Baker v. University Health Physicians, et. al.,
Ct. Appeals, Div. Two, February 22, 2012

Authored by the JSH Appellate Team

Plaintiff’s daughter, Tara, consulted with Dr. Wittman after being hospitalized for blood clots. Dr. Wittman was a certified specialist in pediatrics with a subspecialty in pediatric hematology/oncology. Tara later died and plaintiff sued for malpractice.

Prior to trial, plaintiff disclosed a medical expert, who was a certified internist specialist with subspecialties in oncology and hematology. Defendants moved for summary judgment, arguing the expert was not qualified under A.R.S. § 12-2604 because he did not have the same specialty and subspecialties as Dr. Wittman. The trial court granted summary judgment and plaintiff appealed.
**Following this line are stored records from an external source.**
-- ===== src/Cluster/Spec.antt =====
-- What a client of the block server may rely on: a map from block indices to bytes.
-- `fetch_block`, `store_block` and `ping` of crates/trust-kernel/src/cluster_mux.rs are compared with it.
use spaceshuttle.Prelude.{ℕ, List, [], ◌∷◌, Option, none, some, String, ◌==◌, if◌then◌else◌, str_eq}
use spaceshuttle.Prelude.Text.{format, decimal}
use spaceshuttle.Cluster.BlockStore.{StoredBlock, lookup}
use spaceshuttle.Cluster.Frames.{remote_status, Answer, answered, refused}
use spaceshuttle.Cluster.Server.{mismatches}
use spaceshuttle.Cluster.Client.{Link, ping, fetch_block, store_block}

abbrev pub BlockMap : Type 0
BlockMap = ℕ → Option (List ℕ)

pub data Op : Type 0 where
  ping_op : Op
  -- block_index, expected_hash, bus_seq
  fetch_op : ℕ → Option String → ℕ → Op
  -- block_index, bytes, content_hash, ed25519_seal, raw_size, bus_seq
  store_op : ℕ → List ℕ → String → String → ℕ → ℕ → Op

abbrev pub update : BlockMap → ℕ → List ℕ → BlockMap
update blocks block_index block wanted = if block_index == wanted then some block else blocks wanted

abbrev pub no_value : Answer (Unit {0}) → Answer (List ℕ)
no_value (answered _) = answered []
no_value (refused e) = refused e

module _ (sha256_hex : List ℕ → String) where
  abbrev pub found : ℕ → Option String → Option (List ℕ) → Answer (List ℕ)
  found block_index expected none =
      refused (remote_status 404 (format ("Block " ∷ decimal block_index ∷ " not found" ∷ [])))
  found block_index expected (some block) =
      if mismatches expected (sha256_hex block)
      then refused (remote_status 409 "Hash mismatch")
      else answered block

  -- The promise: what an operation does to the map, and what it answers.
  unfoldable pub promise : BlockMap → Op → BlockMap × Answer (List ℕ)
  promise blocks ping_op = (blocks, answered [])
  promise blocks (fetch_op block_index expected _) =
      (blocks, found block_index expected (blocks block_index))
  promise blocks (store_op block_index block content_hash _ _ _) =
      if str_eq (sha256_hex block) content_hash
      then (update blocks block_index block, answered [])
      else (blocks, refused (remote_status 409 "Store hash mismatch"))

  -- The operation on the link, where connecting succeeds.
  unfoldable pub perform : Link → Op → Link × Answer (List ℕ)
  unfolding ping fetch_block store_block
  perform l ping_op = let (l', result) = ping sha256_hex l none in (l', no_value result)
  perform l (fetch_op block_index expected bus_seq) =
      fetch_block sha256_hex l none block_index expected bus_seq
  perform l (store_op block_index block content_hash seal raw_size bus_seq) =
      let (l', result) =
        store_block sha256_hex l none block_index block content_hash seal raw_size bus_seq in
      (l', no_value result)

module _ {ℓ} {S : Type ℓ} (step : S → Op → S × Answer (List ℕ)) where
  -- The answers to a sequence of operations, and the state that it ends in.
  unfoldable pub run : S → List Op → S × List (Answer (List ℕ))
  run s [] = (s, [])
  run s (op ∷ ops) =
      let (s', answer) = step s op in let (s'', answers) = run s' ops in (s'', answer ∷ answers)

abbrev pub content : Option StoredBlock → Option (List ℕ)
content none = none
content (some b) = some b.data_bytes

-- The map that a link stands for.
unfoldable pub view : Link → BlockMap
unfolding lookup
view l block_index = content (lookup block_index l.server.store.blocks)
The court of appeals affirmed. A testifying expert must be of the same specialty, but not the same subspecialty as the treating physician to testify to the appropriate standard of care. Specialists are categorized according to the twenty-four boards established by the American Board of Medical Specialties. Among the twenty-four boards are specialties in pediatrics and internal medicine. Therefore, plaintiff’s expert was not qualified to testify to the standard of care of the treating physician. But because courts generally favor a resolution on the merits, the court allowed plaintiff the opportunity to present a qualified expert.

The court also rejected plaintiff’s argument that A.R.S. § 12-2604 violates the Anti-Abrogation Clause of the Arizona Constitution. The Legislature may regulate a cause of action as long as it does not completely abolish it.